(Stored data)

-- ===== src/Examples/Rules.antt =====
-- Rules of the firewall that are dropped.
use debug_bootstrap.Prelude.{
  ℕ, ◌≡◌, refl, true, false, Option, none, some, List, [], ◌∷◌, ◌++◌, ◌↔◌, All, Bytes, codes,
  contains, nat_equal, if◌then◌else◌,
}
use debug_bootstrap.Prelude.Int.{pos}
use debug_bootstrap.Nft.{Rule, Nft, Delete, drop_rules}
use debug_bootstrap.Nft.Text.{newline, tab, marshal_elements, marshal_text}
use debug_bootstrap.Nft.Text.Named.{IsNamed, marshal_text-IsNamed}
use debug_bootstrap.Socat.Source.{decimal_int, decimal}
use debug_bootstrap.Nft.Plan.{plan, demands}
use debug_bootstrap.Nft.Dropped.{CarriedOut, drop_rules-plan}

abbrev accepting : ℕ → Rule
accepting h = record { handle = h; body = codes "accept" }

abbrev nat : List Rule → Nft
nat rules =
    (
      codes "nat",
      record {
        family = codes "ip";
        chains =
            (
              codes "pre",
              record {
                kind = codes "nat";
                hook = codes "prerouting";
                priority = pos 0;
                policy = codes "accept";
                rules = rules;
              },
            )
            ∷ [];
        sets = [];
      },
    )
    ∷ []

-- The kernel's state is the list of the handles that are deleted; none is deleted twice.
abbrev delete : Delete → List ℕ → Option (List ℕ)
delete d gone = if contains gone d.handle then none else some (d.handle ∷ gone)

-- The same rule given twice is deleted once, and then there is an error: some, but not all.
drop_rules-twice :
    drop_rules
      (λ gone. some (nat (accepting 7 ∷ [])))
      delete
      (nat (accepting 0 ∷ accepting 0 ∷ []))
      []
    ≡ (7 ∷ [], false)
unfolding drop_rules
drop_rules-twice = refl

-- A rule that the ruleset does not have is taken for found, if it comes with a handle.
drop_rules-stale :
    drop_rules (λ gone. some (nat [])) delete (nat (accepting 9 ∷ [])) [] ≡ (9 ∷ [], true)
unfolding drop_rules
drop_rules-stale = refl

drop_rules-plan_example :
    CarriedOut delete
      (plan (nat (accepting 7 ∷ [])) (demands (nat (accepting 0 ∷ accepting 0 ∷ []))))
      []
      (drop_rules
        (λ gone. some (nat (accepting 7 ∷ [])))
        delete
        (nat (accepting 0 ∷ accepting 0 ∷ []))
        [])
drop_rules-plan_example =
    drop_rules-plan (λ gone. some (nat (accepting 7 ∷ []))) delete
      (nat (accepting 0 ∷ accepting 0 ∷ [])) (nat (accepting 7 ∷ [])) [] refl

-- A set of three addresses takes two lines.
marshal_set-lines :
    marshal_elements 0 (codes "a" ∷ codes "b" ∷ codes "c" ∷ [])
    ≡ codes " a, b," ++ newline ++ tab ++ tab ++ codes "             c }" ++ newline
unfolding marshal_elements
marshal_set-lines = refl

marshal_text-chain :
    marshal_text (nat (accepting 0 ∷ []))
    ≡ some (
        codes "table ip nat {"
        ++ newline
        ++ tab
        ++ codes "chain pre {"
        ++ newline
        ++ tab
        ++ tab
        ++ codes "type nat hook prerouting priority 0; policy accept;"
        ++ newline
        ++ tab
        ++ tab
        ++ codes "accept"
        ++ newline
        ++ tab
        ++ codes "}"
        ++ newline
        ++ codes "}"
        ++ newline)
unfolding marshal_text decimal_int decimal
marshal_text-chain = refl

marshal_text-IsNamed_example :
    ((text : Bytes) × (marshal_text (nat (accepting 0 ∷ [])) ≡ some text))
    ↔ All IsNamed (nat (accepting 0 ∷ []))
marshal_text-IsNamed_example = marshal_text-IsNamed (nat (accepting 0 ∷ []))
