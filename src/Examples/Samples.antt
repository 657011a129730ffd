-- ===== src/Examples/Samples.antt =====
-- Statistics of the aggregator, over natural numbers in place of floats.
use debug_bootstrap.Prelude.{
  ℕ, ◌+◌, ◌-◌, ◌/◌, ◌≡◌, ◌∙◌, ap, refl, sym, Bool-cases, inl, inr, if◌then◌else◌, false, Option,
  none, some, List, [], ◌∷◌, ltb, arith, Bytes, codes, bytes_equal,
}
use mathlib.Core.Option.{some-injective}
use debug_bootstrap.Prelude.Dict.{Dict, lookup, insert, lookup-insert}
use debug_bootstrap.Mgr.Stats.{Tag}
use debug_bootstrap.Aggregator.Keeper.{
  Found, tags_with_id, Subject, KeyStore, Json, not_there, there_is, stats_all,
}
use debug_bootstrap.Aggregator.Keeper.Kept.{IsStore, IsRead, Has, remembered, stats_all-feeds}
use debug_bootstrap.Aggregator.{Floats, Sample, State, average, new_sample, new_state, feed_on}
use debug_bootstrap.Aggregator.Group.{Reading, Group, readings, run, last_of, closed_by, run-groups}
use debug_bootstrap.Aggregator.History.{IsState}
use debug_bootstrap.Aggregator.Calls.{feeds, feeds-IsState}

abbrev naturals : Floats ℕ
naturals = record {
  zero = 0;
  add = λ a b. a + b;
  sub = λ a b. a - b;
  div = λ a b. a / b;
  from_nat = λ n. n;
  greater = λ a b. ltb b a;
  is_nan = λ a. false;
}

abbrev at : ℕ → ℕ → Reading ℕ
at now value = record { now = now; value = value }

-- Three values from the second 300 on, and one from the second 600 on.
abbrev day : List (Group ℕ)
day =
    record { period = 300; first = at 310 4; more = at 320 10 ∷ at 599 7 ∷ [] }
    ∷ record { period = 600; first = at 600 1; more = [] }
    ∷ []

abbrev first_sample : Sample ℕ
first_sample = record { avg = 7; total = 21; max = 10; count = 3; start = 300 }

day-closed : closed_by naturals (new_sample naturals) day ≡ new_sample naturals ∷ first_sample ∷ []
day-closed = refl

run-groups_example :
    run naturals 300 (new_sample naturals) (readings day)
    ≡ (last_of naturals (new_sample naturals) day, closed_by naturals (new_sample naturals) day)
unfolding new_sample
run-groups_example =
    run-groups naturals 300 (new_sample naturals) day
      ((refl, (refl, (refl, tt)), omega arith), ((refl, tt, omega arith), tt))
      (omega arith, (omega arith, tt))

feeds-IsState_example : IsState (
    feeds naturals
      (new_state naturals average (300 ∷ 3600 ∷ []))
      ((310, 4) ∷ (620, 10) ∷ (400, 3) ∷ (1000, 2) ∷ []))
feeds-IsState_example =
    feeds-IsState naturals average (300 ∷ 3600 ∷ [])
      ((310, 4) ∷ (620, 10) ∷ (400, 3) ∷ (1000, 2) ∷ [])

abbrev found_of : Option (Option (State ℕ)) → Found (Option (State ℕ))
found_of none = not_there
found_of (some v) = there_is v

-- A database of states, where a queue holds its newest point
abbrev states : KeyStore (Option (State ℕ)) (Dict Bytes (Option (State ℕ)))
states = record { get_key = λ k d. found_of (lookup k d); set_key = insert; rpush = insert }

-- A last value over 100 cannot be written.
abbrev small_json : Json (Option (State ℕ)) ℕ
small_json = record {
  encode = λ s. if ltb 100 s.last_value then none else some (some s);
  decode = λ t. t;
  encode_point = λ s key tags. some none;
}

small_json-IsRead : IsRead small_json
small_json-IsRead s text e = elim (Bool-cases (ltb 100 s.last_value)) [
  | inl x ↦ let written : none ≡ some text = rw x at e in absurd cc
  | inr x ↦ let written : some (some s) ≡ some text = rw x at e in sym (some-injective _ _ written)
]

states-IsStore : IsStore states
states-IsStore = record {
  get-set = λ k v d.
      let found : lookup k (insert k v d) ≡ some v =
        lookup-insert k k v d ∙ rw ((bytes_equal.sound k k).1 refl) refl in
      ap found_of found;
  get-push = λ q k v d apart. ap found_of (lookup-insert q k v d ∙ rw apart refl);
}

abbrev load : Subject
load = record { op = average; key = codes "load"; id = codes "1"; tags = [] }

abbrev same_tags : List Tag → List Tag
same_tags tags = tags

stats_all-feeds_example :
    Has naturals small_json states
      (λ k c. c)
      same_tags
      (λ tags. [])
      (λ s. s)
      states-IsStore
      small_json-IsRead
      load
      (stats_all naturals small_json states
        (λ k c. c)
        same_tags
        (λ tags. [])
        (λ s. s)
        load
        ((310, 4) ∷ (620, 1000) ∷ (930, 7) ∷ [])
        (record { cache = tt; database = [] }))
      (remembered naturals small_json
        (record (new_state naturals average (300 ∷ 3600 ∷ [])) {
          tags = record { key = codes "id"; value = codes "1" } ∷ [];
        })
        none
        ((310, 4) ∷ (620, 1000) ∷ (930, 7) ∷ []))
unfolding tags_with_id
stats_all-feeds_example =
    stats_all-feeds naturals small_json states (λ k c. c) same_tags (λ tags. []) (λ s. s)
      states-IsStore small_json-IsRead load ((310, 4) ∷ (620, 1000) ∷ (930, 7) ∷ [])
      (record { cache = tt; database = [] }) refl

remembered-lost :
    remembered naturals small_json
      (new_state naturals average (300 ∷ []))
      none
      ((310, 4) ∷ (620, 1000) ∷ (930, 7) ∷ [])
    ≡ some (feeds naturals (new_state naturals average (300 ∷ [])) ((310, 4) ∷ (930, 7) ∷ []))
unfolding remembered feed_on
remembered-lost = refl
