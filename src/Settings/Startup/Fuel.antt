-- ===== src/Settings/Startup/Fuel.antt =====
-- The nested calls that the weights of base/settings/startup.go take.
use debug_bootstrap.Prelude.{
  ℕ, zero, suc, ◌≤◌, ◌<◌, ◌≡◌, ◌≢◌, refl, sym, subst, true, false, Option, none, some, List, [],
  ◌∷◌, ◌++◌, Bytes, bytes_equal, bytes_eq_iff, contains, if◌then◌else◌, length, arith, ◌==◌,
  Bool-cases, inl, inr,
}
use debug_bootstrap.Prelude.Int.{ℤ}
use debug_bootstrap.Prelude.Dict.{Dict, lookup}
use debug_bootstrap.Settings.Startup.{
  Startup, priority, Weighed, out_of_fuel, plus, weigh_one, weigh_all, weigh_after, weight,
}

-- The services that are not on the way.
left : List Bytes → Dict Bytes Startup → ℕ
left chain [] = 0
left chain ((k, s) ∷ rest) = if contains chain k then left chain rest else suc (left chain rest)

-- Every service knows its key.
abbrev pub IsPrepared : Dict Bytes Startup → Type 0
IsPrepared services = (k : Bytes) (s : Startup) → lookup k services ≡ some s → s.key ≡ k

contains-snoc :
    (chain : List Bytes) (k x : Bytes)
    → contains (chain ++ k ∷ []) x ≡ (if contains chain x then true else (k == x))
contains-snoc [] k x = ground arith
contains-snoc (c ∷ chain) k x = ground (arith, contains-snoc chain k x)

left-snoc_le :
    (chain : List Bytes) (k : Bytes) (m : Dict Bytes Startup)
    → left (chain ++ k ∷ []) m ≤ left chain m
unfolding left
left-snoc_le chain k [] = omega arith
left-snoc_le chain k ((j, s) ∷ m) = ground (arith, contains-snoc chain k j, left-snoc_le chain k m)

-- Going to a service that is not on the way leaves one fewer.
left-snoc_lt :
    (chain : List Bytes) (k : Bytes) (s : Startup) (m : Dict Bytes Startup)
    → lookup k m ≡ some s
    → contains chain k ≡ false
    → left (chain ++ k ∷ []) m < left chain m
unfolding left
left-snoc_lt chain k s [] h n = cc
left-snoc_lt chain k s ((j, t) ∷ m) h n = ground (
  arith,
  contains-snoc chain k j,
  bytes_eq_iff j k,
  bytes_eq_iff k j,
  left-snoc_le chain k m,
  left-snoc_lt chain k s m,
)

abbrev Fueled : Weighed → Type 0
Fueled w = w ≢ out_of_fuel

plus-Fueled : (d w : Weighed) → Fueled d → Fueled w → Fueled (plus d w)
unfolding plus
plus-Fueled d w p q = ground arith

weigh_all-Fueled :
    (weigh : Startup → Weighed) (m : Dict Bytes Startup) (names : List Bytes)
    → ((k : Bytes) (s : Startup) → lookup k m ≡ some s → Fueled (weigh s))
    → Fueled (weigh_all weigh m names)
unfolding weigh_all
weigh_all-Fueled weigh m [] h = λ e. cc
weigh_all-Fueled weigh m (a ∷ rest) h =
    plus-Fueled _ (weigh_all weigh m rest) (one (priority a) (lookup a m) refl)
      (weigh_all-Fueled weigh m rest h)
  where
    one : (x : Option ℤ) (d : Option Startup) → lookup a m ≡ d → Fueled (weigh_one weigh a x d)
    one (some x) d e = λ e. cc
    one none (some d) e = h a d e
    one none none e = λ e. cc

weigh_after-Fueled :
    (weigh : Startup → Weighed) (m : Dict Bytes Startup) (names : List Bytes)
    → ((k : Bytes) (s : Startup) → lookup k m ≡ some s → Fueled (weigh s))
    → Fueled (weigh_after weigh m names)
unfolding weigh_after
weigh_after-Fueled weigh m [] h = λ e. cc
weigh_after-Fueled weigh m (a ∷ rest) h = weigh_all-Fueled weigh m (a ∷ rest) h

weight-Fueled :
    (fuel : ℕ) (m : Dict Bytes Startup) (chain : List Bytes) (k : Bytes) (s : Startup)
    → IsPrepared m
    → lookup k m ≡ some s
    → left chain m < fuel
    → Fueled (weight fuel m chain s)
unfolding weight
weight-Fueled zero m chain k s p e h = elim h [ ]
weight-Fueled (suc fuel) m chain k s p e h = elim (Bool-cases (contains chain s.key)) [
  | inl t ↦ rw t (λ x. cc)
  | inr f ↦
      let fewer : left (chain ++ s.key ∷ []) m < left chain m =
        left-snoc_lt chain s.key s m (subst (λ j. lookup j m ≡ some s) (sym (p k s e)) e) f in
      rw f (
        weigh_after-Fueled (weight fuel m (chain ++ s.key ∷ [])) m s.after
          (λ j d e'. weight-Fueled fuel m (chain ++ s.key ∷ []) j d p e' (omega (arith, fewer))))
]

left-le-length : (chain : List Bytes) (m : Dict Bytes Startup) → left chain m ≤ length m
unfolding left
left-le-length chain [] = omega arith
left-le-length chain ((k, s) ∷ m) = ground (arith, left-le-length chain m)

-- Fuel for one call more than there are services is enough for every service of a prepared table:
-- its weight is computed, or found to be cyclic, or an unknown dependency is named.
pub weight_total :
    (m : Dict Bytes Startup) (k : Bytes) (s : Startup)
    → IsPrepared m
    → lookup k m ≡ some s
    → weight (suc (length m)) m [] s ≢ out_of_fuel
weight_total m k s p e =
    weight-Fueled (suc (length m)) m [] k s p e (omega (arith, left-le-length [] m))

## ASSIGNMENT:
Restate word for word the lines above, beginning at the first one and ending at the line that carries "abbrev accepting : ℕ → Rule".

## THE ANSWER:
-- ===== src/Examples/Rules.antt =====
-- Rules of the firewall that are dropped.
use debug_bootstrap.Prelude.{
  ℕ, ◌≡◌, refl, true, false, Option, none, some, List, [], ◌∷◌, ◌++◌, ◌↔◌, All, Bytes, codes,
  contains, nat_equal, if◌then◌else◌,
}
use debug_bootstrap.Prelude.Int.{pos}
use debug_bootstrap.Nft.{Rule, Nft, Delete, drop_rules}
use debug_bootstrap.Nft.Text.{newline, tab, marshal_elements, marshal_text}
use debug_bootstrap.Nft.Text.Named.{IsNamed, marshal_text-IsNamed}
use debug_bootstrap.Socat.Source.{decimal_int, decimal}
use debug_bootstrap.Nft.Plan.{plan, demands}
use debug_bootstrap.Nft.Dropped.{CarriedOut, drop_rules-plan}

abbrev accepting : ℕ → Rule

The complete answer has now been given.